Georgia lawmakers agree to 50-cent fee on ride-hailing trips

A bill that would impose a flat tax of 50 cents on trips in Georgia taxis, ride-hailing services and limousines is on its way to Gov. Brian Kemp’s desk for his signature or veto.

The Senate voted 41-3 to approve a conference report on Thursday that says services such as Uber and Lyft won’t be subject to regular sales tax, which can be 7% or higher.

State officials have argued that the services were already taxable, saying taxis and limousines pay the levy. But the companies had said they’re not subject to sales taxes and Uber has been disputing a $22 million tax bill.

Even if the services escape their current tax dispute, the General Assembly earlier this year passed a law requiring third-party online marketplaces to collect sales taxes on behalf of sellers beginning April 1, roping in Uber and Lyft.

The services argued the regular sales tax, as high as 8.9% in Atlanta, is too much to charge on a trip. Efforts to entirely exempt the companies from taxes failed.

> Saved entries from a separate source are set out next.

-- ===== src/Disk/Mount.antt =====
-- Which disks the partitions of a disk become in disk/gpt.c.
use peach_os64bit_module_two.Common.{
  ℕ, zero, suc, ◌+◌, ◌*◌, ◌<◌, ◌≡◌, Bool, true, false, List, [], ◌∷◌, ◌++◌, length, if◌then◌else◌,
  ◌==◌,
}
use peach_os64bit_module_two.Status.{Result}
use peach_os64bit_module_two.Memory.{Mem}
use peach_os64bit_module_two.Memory.Laws.{within}
use peach_os64bit_module_two.Streamer.{Stream, diskstreamer_read}
use peach_os64bit_module_two.Streamer.Read.{Serves}
use peach_os64bit_module_two.Disk.{real, partition, Disk, lba_of}
use peach_os64bit_module_two.Disk.Gpt.{PartitionEntry, entry_at}

-- The size of an entry that the standard gives.
abbrev pub standard_size : ℕ
standard_size = 128

-- The entry at a place of the disk.
abbrev pub entry_on : (ℕ → ℕ) → ℕ → PartitionEntry
entry_on disk place = entry_at (λ a. if within 0 standard_size a then disk (place + a) else 0)

-- The disk that an entry describes, with the sector size and the driver of its hardware disk.
abbrev pub disk_of : Disk → List Disk → PartitionEntry → Disk
disk_of primary disks e = record {
  disk_type = partition;
  id = length disks;
  sector_size = primary.sector_size;
  starting_lba = lba_of e.starting_lba;
  ending_lba = lba_of e.ending_lba;
  driver = primary.driver;
}

-- The disks with those of the used ones of `n` entries behind them.
abbrev pub with_partitions : (ℕ → ℕ) → Disk → ℕ → ℕ → List Disk → List Disk
with_partitions disk primary zero place disks = disks
with_partitions disk primary (suc n) place disks =
    let over = with_partitions disk primary n (place + standard_size) disks in
    let more =
      with_partitions disk primary n (place + standard_size)
        (disks ++ (disk_of primary disks (entry_on disk place) ∷ [])) in
    if (entry_on disk place).unused then over else more

-- No allocation fails.
abbrev pub always : {A : Type 0} → A → Bool
always st = true

module _ {A : Type 0} (fetch : A → ℕ → Result (ℕ → ℕ) × A) (mount : A → Disk → A) (disk : ℕ → ℕ)
    (primary : Disk) (driven : (primary.driver == 0) ≡ false) (hardware : primary.disk_type ≡ real)
    (entries count last : ℕ) (serves : Serves fetch disk primary.sector_size count)
    (sized : primary.sector_size ≡ entries * standard_size) (some_size : 0 < primary.sector_size)
    (served : last < count) where
  -- The stream at an entry, and the read of it.
  abbrev at_entry : ℕ → Stream
  at_entry q = record { pos = standard_size * q; sector_size = primary.sector_size }

  read_entry : A → ℕ → Result (Unit {0}) × Stream × Mem × A
  read_entry st q = diskstreamer_read fetch st (at_entry q) (λ a. 0) 0 standard_size
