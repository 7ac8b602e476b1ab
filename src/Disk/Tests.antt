-- ===== src/Disk/Tests.antt =====
-- Disks of disk/disk.c and partitions of disk/gpt.c on a small disk.
use peach_os64bit_module_two.Common.{
  ℕ, ◌+◌, ◌*◌, ◌≤◌, ◌≡◌, ◌≢◌, ◌⊎◌, refl, arith, some, ◌==◌, if◌then◌else◌,
}
use peach_os64bit_module_two.Status.{Result, ok, err, eio}
use peach_os64bit_module_two.Streamer.Read.{Serves}
use peach_os64bit_module_two.Disk.{real, partition, Disk, disk_read_block}
use peach_os64bit_module_two.Disk.Gpt.{PartitionTableHeader}
use peach_os64bit_module_two.Disk.Bounds.{disk_read_block-within}

abbrev a_partition : Disk
a_partition = record {
  disk_type = partition;
  id = 1;
  sector_size = 512;
  starting_lba = 2048;
  ending_lba = 4095;
  driver = 1;
}

abbrev zero_lba : ℕ
zero_lba = 0

starts : a_partition.starting_lba ≢ zero_lba
starts = omega arith

ends : a_partition.ending_lba ≢ zero_lba
ends = omega arith

-- A driver that answers with its request.
abbrev recording : ℕ → Disk → ℕ → ℕ → Result (Unit {0}) × ℕ
recording st disk lba total = (ok tt, lba * 1000 + total)

disk_read_block-within_example :
    (disk_read_block (some recording) 0 a_partition 5 3 ≡ (err eio, 0))
    ⊎ ((disk_read_block (some recording) 0 a_partition 5 3 ≡ (ok tt, 2053003))
        × (2048 + 5 + 3 ≤ 4095))
disk_read_block-within_example =
    disk_read_block-within recording 0 a_partition 5 3 starts ends (omega arith)

-- A disk of sectors of 512 bytes; the first of two entries at sector 2 is used.
abbrev table_bytes : ℕ → ℕ
table_bytes p =
    if p == 1024 then 1 else if p == 1024 + 33 then 8 else if p == 1024 + 41 then 16 else 0

abbrev fetch_table : ℕ → ℕ → Result (ℕ → ℕ) × ℕ
fetch_table st i = (ok (λ j. table_bytes (512 * i + j)), st)

abbrev served_table : Serves fetch_table table_bytes 512 100
served_table = record {
  buffer = λ st i j. table_bytes (512 * i + j);
  found = λ st i _. refl;
  in_int = omega arith;
  content = λ st i j _ _. refl;
}

abbrev primary : Disk
primary = record {
  disk_type = real;
  id = 0;
  sector_size = 512;
  starting_lba = 0;
  ending_lba = 0;
  driver = 1;
}

abbrev two_entries : PartitionTableHeader
two_entries = record { guid_array_lba_start = 2; total_array_entries = 2; array_entry_size = 128 }
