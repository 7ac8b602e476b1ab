-- ===== src/Paging.antt =====
-- The page tables of memory/paging/paging.c and paging.h. A table is named by its frame number, the
-- address shifted right by 12; `tables f i` is entry `i` of the table in frame `f`.
pub mod Walk
pub mod Ensure
pub mod Write
pub mod Map
pub mod Range
pub mod Get
pub mod Align
mod Tests
use peach_os64bit_module_two.Common.{
  ℕ, zero, suc, ◌+◌, ◌-◌, ◌*◌, ◌/◌, ◌%◌, ◌^◌, Bool, true, false, not, ◌&&◌, ◌||◌, Option, none,
  some, List, [], ◌∷◌, ltb, leb, ◌==◌, if◌then◌else◌, add64,
}
use peach_os64bit_module_two.Status.{Result, ok, err, einvarg}

abbrev pub page_size : ℕ
page_size = 4096

-- `struct paging_desc_entry`. The fields that the kernel never writes are 0 in every entry, and
-- are left out.
pub record Entry : Type 0 where
  pub present : Bool
  pub read_write : Bool
  pub user_supervisor : Bool
  pub address : ℕ

abbrev pub null_desc : Entry
null_desc = record { present = false; read_write = false; user_supervisor = false; address = 0 }

-- `struct paging_desc` with the memory that its tables lie in. `pml` is the frame of the root
-- table, `allocs` counts the calls of `kzalloc`, and `invalidated` has the addresses whose TLB
-- entries were invalidated, the latest first.
pub record Desc : Type 0 where
  pub tables : ℕ → ℕ → Entry
  pub pml : ℕ
  pub level : ℕ
  pub allocs : ℕ
  pub invalidated : List ℕ

-- `paging_null_entry`
unfoldable pub null_entry : Entry → Bool
null_entry e = not (e.present || e.read_write || e.user_supervisor) && e.address == 0

-- The indexes of a virtual address.
abbrev pub pml4_index : ℕ → ℕ
pml4_index va = va / 2 ^ 39 % 512

abbrev pub pdpt_index : ℕ → ℕ
pdpt_index va = va / 2 ^ 30 % 512

abbrev pub pd_index : ℕ → ℕ
pd_index va = va / 2 ^ 21 % 512

abbrev pub pt_index : ℕ → ℕ
pt_index va = va / 2 ^ 12 % 512

-- Writing one entry.
abbrev pub set_entry : (ℕ → ℕ → Entry) → ℕ → ℕ → Entry → ℕ → ℕ → Entry
set_entry t f i e g j = if g == f && j == i then e else t g j

-- An entry that leads to the table in frame `f`; its address field has 40 bits.
abbrev pub table_entry : ℕ → Entry
table_entry f = record {
  present = true;
  read_write = true;
  user_supervisor = true;
  address = f % 2 ^ 40;
}

-- The last entry: `PAGING_IS_PRESENT`, `PAGING_IS_WRITEABLE` and `PAGING_ACCESS_FROM_ALL` are bits
-- 0, 1 and 2 of the flags.
abbrev pub page_entry : ℕ → ℕ → Entry
page_entry phys flags = record {
  present = flags % 2 == 1;
  read_write = flags / 2 % 2 == 1;
  user_supervisor = flags / 4 % 2 == 1;
  address = phys / 4096 % 2 ^ 40;
}

-- `kzalloc n` is the frame that the n-th call returns.
module _ (kzalloc : ℕ → ℕ) where
  -- The next level is allocated, and cleared, where entry `i` of table `f` is null.
  unfoldable pub ensure : Desc → ℕ → ℕ → Desc
  ensure d f i =
      if null_entry (d.tables f i)
      then record d {
        tables =
            set_entry (λ g j. if g == kzalloc d.allocs then null_desc else d.tables g j) f i
              (table_entry (kzalloc d.allocs));
        allocs = d.allocs + 1;
      }
      else d

  -- The table that entry `i` of table `f` leads to.
  abbrev pub child : Desc → ℕ → ℕ → ℕ
  child d f i = (d.tables f i).address

  -- The last step of `paging_map`, in the page table in frame `f`.
  unfoldable pub write_page : Desc → ℕ → ℕ → ℕ → ℕ → Desc
  write_page d f virt phys flags = record d {
    tables = set_entry d.tables f (pt_index virt) (page_entry phys flags);
    invalidated =
        if null_entry (d.tables f (pt_index virt)) then d.invalidated else virt ∷ d.invalidated;
  }

  -- `paging_map`, which always returns 0.
  unfoldable pub paging_map : Desc → ℕ → ℕ → ℕ → Desc
  paging_map d virt phys flags =
      let d4 = ensure d d.pml (pml4_index virt) in
      let pdpt = child d4 d.pml (pml4_index virt) in
      let d3 = ensure d4 pdpt (pdpt_index virt) in
      let pd = child d3 pdpt (pdpt_index virt) in
      let d2 = ensure d3 pd (pd_index virt) in
      write_page d2 (child d2 pd (pd_index virt)) virt phys flags

  -- `paging_map_range`
  unfoldable pub paging_map_range : ℕ → Desc → ℕ → ℕ → ℕ → Desc
  paging_map_range zero d virt phys flags = d
  paging_map_range (suc count) d virt phys flags =
      paging_map_range count (paging_map d virt phys flags) (add64 virt page_size)
        (add64 phys page_size) flags

  -- `paging_map_to`
  unfoldable pub paging_map_to : Desc → ℕ → ℕ → ℕ → ℕ → Result (Unit {0}) × Desc
  paging_map_to d virt phys phys_end flags =
      if not (virt % page_size == 0)
      then (err einvarg, d)
      else if not (phys % page_size == 0)
      then (err einvarg, d)
      else if not (phys_end % page_size == 0)
      then (err einvarg, d)
      else if ltb phys_end phys
      then (err einvarg, d)
      else (ok tt, paging_map_range ((phys_end - phys) / page_size) d virt phys flags)

-- `paging_get`: `none` is NULL. The tests of the tables look at their first entry.
unfoldable pub paging_get : Desc → ℕ → Option Entry
paging_get d virt =
    let pml4_entry = d.tables d.pml (pml4_index virt) in
    let pdpt = pml4_entry.address in
    let pdpt_entry = d.tables pdpt (pdpt_index virt) in
    let pd = pdpt_entry.address in
    let pd_entry = d.tables pd (pd_index virt) in
    if null_entry pml4_entry
    then none
    else if null_entry (d.tables pdpt 0)
    then none
    else if null_entry pdpt_entry
    then none
    else if null_entry (d.tables pd 0)
    then none
    else if null_entry pd_entry
    then none
    else if null_entry (d.tables pd 0)
    then none
    else some (d.tables pd_entry.address (pt_index virt))

-- `paging_get_physical_address`: 0 for NULL.
unfoldable pub paging_get_physical_address : Desc → ℕ → ℕ
paging_get_physical_address d virtual_address = elim (paging_get d virtual_address) [
  | none ↦ 0
  | some e ↦ e.address * 4096 + virtual_address % 4096
]

unfoldable pub paging_align_address : ℕ → ℕ
paging_align_address ptr =
    if ptr % page_size == 0 then ptr else add64 ptr (page_size - ptr % page_size)

unfoldable pub paging_align_to_lower_page : ℕ → ℕ
paging_align_to_lower_page addr = addr - addr % page_size

unfoldable pub paging_is_aligned : ℕ → Bool
paging_is_aligned addr = addr % page_size == 0

unfoldable pub paging_align_value_to_upper_page : ℕ → ℕ
paging_align_value_to_upper_page val_in =
    if val_in % page_size == 0 then val_in else add64 val_in (page_size - val_in % page_size)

A revenue estimate suggested the move would bring in $24 million to $45 million in the first full year, higher than the estimate of state sales tax revenue from ride-hailing. But local governments would lose sales tax revenue on ride-hailing, a projected loss of $15 million to $25 million a year.

The bill would dedicate the money to transit projects statewide. The fee would rise with inflation.

The measure was added to a previously unrelated bill that would exempt farmers from having to pay state income tax on relief payments received after 2018′s Hurricane Michael.